# Cam upgrade?



## 2COR517 (Oct 23, 2008)

Thinking about upgrading the cam in my plow truck. It has a Chevy 350. Looking for a little more power. 



Can't decide on a good duration. I know longer duration means more power. Any comments welcome.


----------



## cubicinches (Oct 19, 2008)

The advertised numbers don't mean a thing. Look at the duration at .050. Keep the intake around 200-204 at .050, with a 112-114 degree lobe separation. 

What year engine? Flat tappet hydraulic, or hydraulic roller?


----------



## NICHOLS LANDSCA (Sep 15, 2007)

Where is the none of the above for your poll? What cubicinches said more info would be good. I know of a cam to make a small block pull like a diesel But like a diesel it's all over around 3500rpm


----------



## theplowmeister (Nov 14, 2006)

NICHOLS LANDSCA;1030440 said:


> Where is the none of the above for your poll? What cubicinches said more info would be good. I know of a cam to make a small block pull like a diesel But like a diesel it's all over around 3500rpm


Thats the one to get for plowing.


----------



## cubicinches (Oct 19, 2008)

Check out this old thread...

http://www.plowsite.com/showthread.php?t=91923

Seems to be some engine builders in that thread... maybe they've got something for ya.


----------



## Sydenstricker Landscaping (Dec 17, 2006)

GMPP makes some nice cams for the tbi and vortec 350's.

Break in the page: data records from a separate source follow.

-- ===== src/Runtime/Deadline/Resolved.antt =====
-- deadline.rs: each registration has at most one outcome, and a close leaves none without.
use easycon_sdk.Common.{
  ℕ, suc, ◌+◌, ◌^◌, ◌<◌, ◌≡◌, refl, false, Option-cases, none, some, List, [], ◌∷◌, length, arith,
  inl, inr,
}
use easycon_sdk.Runtime.Table.{get, insert, occurs-remove, get-remove, occurs-get}
use easycon_sdk.Runtime.Deadline.{
  DeadlineResolution, DeadlineOutcome, DeadlineSchedulerState, push, ScheduledDeadline, prune_stale,
  next_target_ns, commit_reservation, disarm_entry,
}
use easycon_sdk.Runtime.Deadline.Queue.{Covers, Sorted-push, member-push}
use easycon_sdk.Runtime.Deadline.Fire.{IsScheduled, prune_stale-IsScheduled}
use easycon_sdk.Runtime.Deadline.Due.{collect_due-Fires}
use easycon_sdk.Runtime.Deadline.Scheduler.{
  DeadlineScheduler, new_scheduler, Call, take_id, admit, commit_one, abandon_one, fire_one,
  disarm_one, resolve_one, seal_one, drain_one, ask_next, step, run,
}
use easycon_sdk.Runtime.Deadline.Placed.{
  IsPlaced, IsCounting, take_id-IsPlaced, admit-IsPlaced, commit_one-IsPlaced, abandon_one-IsPlaced,
  fire_one-IsPlaced, disarm_one-IsPlaced, resolve_one-IsPlaced, drain_one-IsPlaced, step-IsCounting,
}

Covers-insert :
    (t i trace : ℕ) (es : List (ℕ × ScheduledDeadline)) (q : List (ℕ × ℕ))
    → Covers es q
    → Covers (insert i (record { target_ns = t; trace_id = trace }) es) (push t i q)
Covers-insert t i trace es q c k e found =
    ground (arith, member-push e.target_ns k t i q, get-remove k i es, c k e)

commit_reservation-IsScheduled :
    (s : DeadlineSchedulerState) (id trace : ℕ)
    → IsScheduled s
    → IsScheduled (commit_reservation s id trace).0
unfolding commit_reservation
commit_reservation-IsScheduled s id trace v = elim (Option-cases (get id s.pending)) [
  | inl gone ↦ rw gone v
  | inr (p, there) ↦ rw there (record {
    unique = λ k. ground (arith, occurs-remove k id s.entries, v.unique k);
    sorted = Sorted-push p.target_ns id s.queue v.sorted;
    covered = Covers-insert p.target_ns id trace s.entries s.queue v.covered;
  })
]

disarm_entry-IsScheduled :
    (s : DeadlineSchedulerState) (id : ℕ) → IsScheduled s → IsScheduled (disarm_entry s id).0
unfolding disarm_entry
disarm_entry-IsScheduled s id v = record {
  unique = λ k. ground (arith, occurs-remove k id s.entries, v.unique k);
  sorted = v.sorted;
  covered = λ k e found. ground (arith, get-remove k id s.entries, v.covered k e);
}

same-IsScheduled :
    (s s' : DeadlineSchedulerState)
    → s'.entries ≡ s.entries
    → s'.queue ≡ s.queue
    → IsScheduled s
    → IsScheduled s'
same-IsScheduled s s' e q v = record {
  unique = rw e (v.unique);
  sorted = rw q (v.sorted);
  covered = rw (e, q) (v.covered);
}

-- Two outcomes never have one order.
pub record IsRanked (w : DeadlineScheduler) : Type 0 where
  pub below :
      (k : ℕ) (o : DeadlineOutcome)
      → (w.signals k).outcome ≡ some o
      → o.order < w.next_resolution_order
  pub apart :
      (j k : ℕ) (o p : DeadlineOutcome)
      → (w.signals j).outcome ≡ some o
      → (w.signals k).outcome ≡ some p
      → o.order ≡ p.order
      → j ≡ k

pub record IsSound (left : ℕ) (w : DeadlineScheduler) : Type 0 where
  pub counting : IsCounting left w
  pub scheduled : IsScheduled w.state
  pub placed : IsPlaced w
  pub ranked : IsRanked w
  pub resolved_once : w.found_resolved ≡ 0
  pub in_range : w.overflown ≡ false

step-IsScheduled :
    (c : Call) (left : ℕ) (w : DeadlineScheduler)
    → IsCounting (suc left) w
    → IsScheduled w.state
    → IsScheduled (step c w).state
unfolding step
step-IsScheduled (take_id target) left w c v = ground arith
step-IsScheduled (admit id) left w c v =
    same-IsScheduled w.state (step (admit id) w).state (ground arith) (ground arith) v
step-IsScheduled (commit_one id trace) left w c v =
    commit_reservation-IsScheduled w.state id trace v
step-IsScheduled (abandon_one id) left w c v =
    same-IsScheduled w.state (step (abandon_one id) w).state (ground arith) (ground arith) v
step-IsScheduled (fire_one now) left w c v = (collect_due-Fires now w.state v).stays
step-IsScheduled (disarm_one id) left w c v = disarm_entry-IsScheduled w.state id v
step-IsScheduled (resolve_one id) left w c v =
    same-IsScheduled w.state (step (resolve_one id) w).state (ground arith) (ground arith) v
step-IsScheduled seal_one left w c v = same-IsScheduled w.state (step seal_one w).state refl refl v
step-IsScheduled drain_one left w c v = record {
  unique = λ k. omega arith;
  sorted = v.sorted;
  covered = λ k e found. ground arith;
}
step-IsScheduled ask_next left w c v =
    unfold step next_target_ns in prune_stale-IsScheduled w.state v

-- The sections that resolve no signal leave all outcomes and the counter of orders.
same-IsRanked :
    (w w' : DeadlineScheduler)
    → w'.signals ≡ w.signals
    → w'.next_resolution_order ≡ w.next_resolution_order
    → IsRanked w
    → IsRanked w'
same-IsRanked w w' e n h = record { below = rw (e, n) (h.below); apart = rw e (h.apart) }

-- A signal that was handed over is not resolved yet.
handed_unresolved :
    (id left : ℕ) (r : DeadlineResolution) (w : DeadlineScheduler)
    → IsPlaced w
    → get id w.handed ≡ some r
    → (w.signals id).outcome ≡ none
handed_unresolved id left r w h there = ground (arith, h id, occurs-get id w.handed)

resolve_one-IsRanked :
    (id left : ℕ) (w : DeadlineScheduler)
    → IsCounting (suc left) w
    → IsPlaced w
    → IsRanked w
    → IsRanked (step (resolve_one id) w)
unfolding step
resolve_one-IsRanked id left w c h v = elim (Option-cases (get id w.handed)) [
  | inl gone ↦ rw gone v
  | inr (r, there) ↦
      let fresh = handed_unresolved id left r w h there in
      record {
        below = λ k o found. ground (arith, v.below k o);
        apart = λ j k o p a b same. ground (arith, v.below k p, v.below j o, v.apart j k o p);
      }
]

step-IsRanked :
    (c : Call) (left : ℕ) (w : DeadlineScheduler)
    → IsCounting (suc left) w
    → IsPlaced w
    → IsRanked w
    → IsRanked (step c w)
unfolding step
step-IsRanked (resolve_one id) left w c h v = resolve_one-IsRanked id left w c h v
step-IsRanked c left w k h v = same-IsRanked w (step c w) (ground arith) (ground arith) v

step_once :
    (c : Call) (left : ℕ) (w : DeadlineScheduler)
    → IsCounting (suc left) w
    → IsPlaced w
    → w.found_resolved ≡ 0
    → w.overflown ≡ false
    → ((step c w).found_resolved ≡ 0) × ((step c w).overflown ≡ false)
unfolding step
step_once (resolve_one id) left w c h none_yet fits = elim (Option-cases (get id w.handed)) [
  | inl gone ↦ rw gone (none_yet, fits)
  | inr (r, there) ↦
      let fresh = handed_unresolved id left r w h there in (ground arith, ground arith)
]
step_once (take_id target) left w k h none_yet fits = (ground arith, ground arith)
step_once c left w k h none_yet fits = (ground arith, ground arith)

step-IsPlaced :
    (c : Call) (left : ℕ) (w : DeadlineScheduler) → IsSound (suc left) w → IsPlaced (step c w)
step-IsPlaced (take_id target) left w v = take_id-IsPlaced target left w v.counting v.placed
step-IsPlaced (admit id) left w v = admit-IsPlaced id w v.placed
step-IsPlaced (commit_one id trace) left w v = commit_one-IsPlaced id trace w v.placed
step-IsPlaced (abandon_one id) left w v = abandon_one-IsPlaced id w v.placed
step-IsPlaced (fire_one now) left w v = fire_one-IsPlaced now w v.scheduled v.placed
step-IsPlaced (disarm_one id) left w v = disarm_one-IsPlaced id w v.placed
step-IsPlaced (resolve_one id) left w v = resolve_one-IsPlaced id left w v.counting v.placed
step-IsPlaced seal_one left w v = λ k. unfold step in v.placed k
step-IsPlaced drain_one left w v = drain_one-IsPlaced w v.placed
step-IsPlaced ask_next left w v = λ k. unfold step next_target_ns prune_stale in v.placed k

pub step-IsSound :
    (c : Call) (left : ℕ) (w : DeadlineScheduler) → IsSound (suc left) w → IsSound left (step c w)
step-IsSound c left w v =
    let once = step_once c left w v.counting v.placed v.resolved_once v.in_range in
    record {
      counting = step-IsCounting c left w v.counting;
      scheduled = step-IsScheduled c left w v.counting v.scheduled;
      placed = step-IsPlaced c left w v;
      ranked = step-IsRanked c left w v.counting v.placed v.ranked;
      resolved_once = once.0;
      in_range = once.1;
    }

pub run-IsSound_from :
    (calls : List Call) (left : ℕ) (w : DeadlineScheduler)
    → IsSound (length calls + left) w
    → IsSound left (run calls w)
unfolding run
run-IsSound_from [] left w v = let e : 0 + left ≡ left = omega arith in rw e at v
run-IsSound_from (c ∷ calls) left w v =
    let e : suc (length calls) + left ≡ suc (length calls + left) = omega arith in
    run-IsSound_from calls left (step c w) (step-IsSound c (length calls + left) w (rw e at v))

pub new_scheduler-IsSound : (left : ℕ) → left + 1 < 2 ^ 64 → IsSound left new_scheduler
new_scheduler-IsSound left h = record {
  counting = omega arith;
  scheduled = record {
    unique = λ k. omega arith;
    sorted = tt;
    covered = λ k e found. ground arith;
  };
  placed = λ k. ground arith;
  ranked = record { below = λ k o found. ground arith; apart = λ j k o p a b same. ground arith };
  resolved_once = refl;
  in_range = refl;
}

pub run-IsSound :
    (calls : List Call) → length calls + 1 < 2 ^ 64 → IsSound 0 (run calls new_scheduler)
run-IsSound calls few =
    run-IsSound_from calls 0 new_scheduler (new_scheduler-IsSound (length calls + 0) (omega arith))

Most come idle to like 5250 rpms which is what you want. Summit Racing has them


----------



## B&B (Nov 4, 2006)

NICHOLS LANDSCA;1030440 said:


> I know of a cam to make a small block pull like a diesel. But like a diesel it's all over around 3500rpm


You know he's going to ask, does it add "Diesel-ness"? :laughing:


----------



## Midwest BuildIt Inc (Nov 14, 2004)

B&B;1030813 said:


> You know he's going to ask, does it add "Diesel-ness"? :laughing:


:laughing::laughing:


----------



## sven_502 (Nov 1, 2008)

Subscribing just to see where you go.


----------



## 2COR517 (Oct 23, 2008)

127 views, 8 replies. NO VOTES! I don't know what to do. I am, however, very interested in this cam that makes my truck feel like a diesel. Will I have to plug the truck in at night if I put that cam in?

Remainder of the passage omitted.